Trim artichokes & coat with buttermilk Trimming artichokes can be tedious, but they’re worth the effort for their bright, delicate flavor. See our tutorial on prepping artichokes to hone your skills. |
Slice lemons & place in buttermilk Thin lemon slices work best in this recipe; use an adjustable slicer for precise cuts. Coat them in buttermilk in a separate bowl from the artichokes so the ingredients maintain distinct flavors. |
Mix the flours A combination of all-purpose and semolina flours achieves the perfect crispy texture when fried. Be sure to season the mixture with plenty of salt for flavor. |
Drain & serve After frying, place the artichoke and lemon slices on a baking sheet lined with paper towels and season again with salt. Arrange them on a platter and serve immediately — we recommend accompanying with garlicky aioli for dipping. |
Artichoke and Lemon Fritto Misto
4 artichokes, each about 1 lb.
3 cups buttermilk
2 lemons, thinly sliced
1 1/2 cups all-purpose flour
1 1/2 cups semolina flour
2 tsp. kosher salt, plus more, to taste
Canola oil for frying
Aioli for serving
Working with 1 artichoke at a time, remove the tough outer leaves to expose the light yellow core. Using a knife, trim off the top. Using a spoon, remove the choke. Trim the stem end and cut the artichoke lengthwise into slices 1/4 inch thick. Place in a bowl and add half of the buttermilk to coat. Place the lemon slices in another bowl and coat with the remaining buttermilk.

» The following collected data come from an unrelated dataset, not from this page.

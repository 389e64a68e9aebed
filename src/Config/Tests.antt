-- ===== src/Config/Tests.antt =====
-- The configuration file of the samples, loaded.
use floodgate.Common.{String, true, some, ◌≡◌, ◌↔◌, Bool}
use floodgate.Common.Text.{contains}
use floodgate.Value.{bool}
use floodgate.Config.{item, ok}
use floodgate.Config.Policy.{should_zerohop, should_drop}
use floodgate.Config.Policy.Loaded.{should_zerohop_iff, should_drop_iff, InScope}
use floodgate.Config.Load.{load_config}
use floodgate.Config.Valid.Loads.{Loads, load_config_iff}
use floodgate.Config.Samples.{machine, path, loaded, loads}

load_config_iff_example :
    (load_config machine (some "floodgate.yaml") ≡ ok loaded)
    ↔ Loads machine (some "floodgate.yaml") loaded
load_config_iff_example = load_config_iff machine (some "floodgate.yaml") loaded

should_zerohop_iff_example :
    ((b : Bool) × (should_zerohop loaded "LongFast" ≡ some b))
    × ((should_zerohop loaded "LongFast" ≡ some true) ↔ (
        (item loads.values "zerohop_enabled" ≡ bool true)
        × (contains loads.zerohop "LongFast" ≡ true)))
should_zerohop_iff_example = should_zerohop_iff machine path loaded loads "LongFast"

should_drop_iff_example :
    ((b : Bool) × (should_drop loaded "LongFast" (some "TEXT_MESSAGE_APP") ≡ some b))
    × ((should_drop loaded "LongFast" (some "TEXT_MESSAGE_APP") ≡ some true) ↔ (
        (item loads.values "drop_enabled" ≡ bool true)
        × ((name : String) × (some "TEXT_MESSAGE_APP" ≡ some name)
            × (contains loads.names name ≡ true))
        × InScope loads.scope "LongFast"))
should_drop_iff_example =
    should_drop_iff machine path loaded loads "LongFast" (some "TEXT_MESSAGE_APP")
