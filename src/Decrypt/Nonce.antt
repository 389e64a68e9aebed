-- ===== src/Decrypt/Nonce.antt =====
-- The layout of the AES nonce, and what it tells apart.
use floodgate.Common.{
  ℕ, ◌^◌, ◌<◌, [], ◌∷◌, ◌++◌, ◌≡◌, ◌↔◌, refl, ap, sym, ◌∙◌, arith, length, All, All-append, take,
  drop,
}
use floodgate.Value.Int.{ℤ, pos, negsuc, low_bits}
use floodgate.Bytes.{
  Bytes, IsByte, to_bytes_le, from_bytes_le, to_bytes_le-IsByte, from_bytes_le-to_bytes_le,
}
use floodgate.Decrypt.{build_nonce}

low_bits_64 : (z : ℤ) → low_bits 64 z < 256 ^ 8
unfolding low_bits
low_bits_64 (pos n) = omega arith
low_bits_64 (negsuc n) = omega arith

low_bits_32 : (z : ℤ) → low_bits 32 z < 256 ^ 4
unfolding low_bits
low_bits_32 (pos n) = omega arith
low_bits_32 (negsuc n) = omega arith

pub record HasLayout (nonce : Bytes) (packet_id from_node : ℕ) : Type 0 where
  pub size : length nonce ≡ 16
  pub bytes : All IsByte nonce
  pub id_bytes : from_bytes_le (take 8 nonce) ≡ packet_id
  pub node_bytes : from_bytes_le (take 4 (drop 8 nonce)) ≡ from_node
  pub extra_bytes : drop 12 nonce ≡ 0 ∷ 0 ∷ 0 ∷ 0 ∷ []

-- For every packet id and node number, negative ones included: the nonce has 16 bytes, the first
-- eight spell the low 64 bits of the id and the next four the low 32 bits of the node, both least
-- significant byte first, and the last four are zero.
pub build_nonce-HasLayout :
    (packet_id from_node : ℤ)
    → HasLayout (build_nonce packet_id from_node) (low_bits 64 packet_id) (low_bits 32 from_node)
unfolding build_nonce
build_nonce-HasLayout packet_id from_node =
    let id_part : Bytes = to_bytes_le 8 (low_bits 64 packet_id) in
    let node_part : Bytes = to_bytes_le 4 (low_bits 32 from_node) in
    let extra : Bytes = 0 ∷ 0 ∷ 0 ∷ 0 ∷ [] in
    let extra_fits : All IsByte extra = omega arith in
    record {
      size = refl;
      bytes =
          All-append IsByte id_part (node_part ++ extra)
            (to_bytes_le-IsByte 8 (low_bits 64 packet_id))
            (All-append IsByte node_part extra (to_bytes_le-IsByte 4 (low_bits 32 from_node))
              extra_fits);
      id_bytes = from_bytes_le-to_bytes_le 8 (low_bits 64 packet_id) (low_bits_64 packet_id);
      node_bytes = from_bytes_le-to_bytes_le 4 (low_bits 32 from_node) (low_bits_32 from_node);
      extra_bytes = refl;
    }

-- Two packets share a nonce exactly when their ids agree in 64 bits and their nodes in 32.
build_nonce_inj :
    (i j f g : ℤ)
    → (build_nonce i f ≡ build_nonce j g)
      ↔ ((low_bits 64 i ≡ low_bits 64 j) × (low_bits 32 f ≡ low_bits 32 g))
build_nonce_inj i j f g =
    let a = build_nonce-HasLayout i f in
    let b = build_nonce-HasLayout j g in
    (
      λ e. (
        sym a.id_bytes ∙ ap (λ n. from_bytes_le (take 8 n)) e ∙ b.id_bytes,
        sym a.node_bytes ∙ ap (λ n. from_bytes_le (take 4 (drop 8 n))) e ∙ b.node_bytes,
      ),
      λ h. unfold build_nonce in cc,
    )
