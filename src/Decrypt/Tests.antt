-- ===== src/Decrypt/Tests.antt =====
-- Nonces of src/floodgate/decrypt.py.
use floodgate.Value.Int.{pos, negsuc, low_bits}
use floodgate.Decrypt.{build_nonce}
use floodgate.Decrypt.Nonce.{HasLayout, build_nonce-HasLayout}

build_nonce-HasLayout_example :
    HasLayout
      (build_nonce (pos 305419896) (negsuc 0))
      (low_bits 64 (pos 305419896))
      (low_bits 32 (negsuc 0))
build_nonce-HasLayout_example = build_nonce-HasLayout (pos 305419896) (negsuc 0)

In a large bowl, whisk together the all-purpose flour, semolina flour and the 2 tsp. salt. In a large Dutch oven over medium-high heat, pour in oil to a depth of 2 inches and heat to 375°F on a deep-frying thermometer. Line a baking sheet with paper towels.
Working in batches, drain the artichokes well. Coat with the flour mixture, shaking off the excess. Fry the artichokes until golden and crispy, 3 to 5 minutes. Transfer to the prepared baking sheet and season with salt. Repeat with the lemons, frying them for 1 to 3 minutes.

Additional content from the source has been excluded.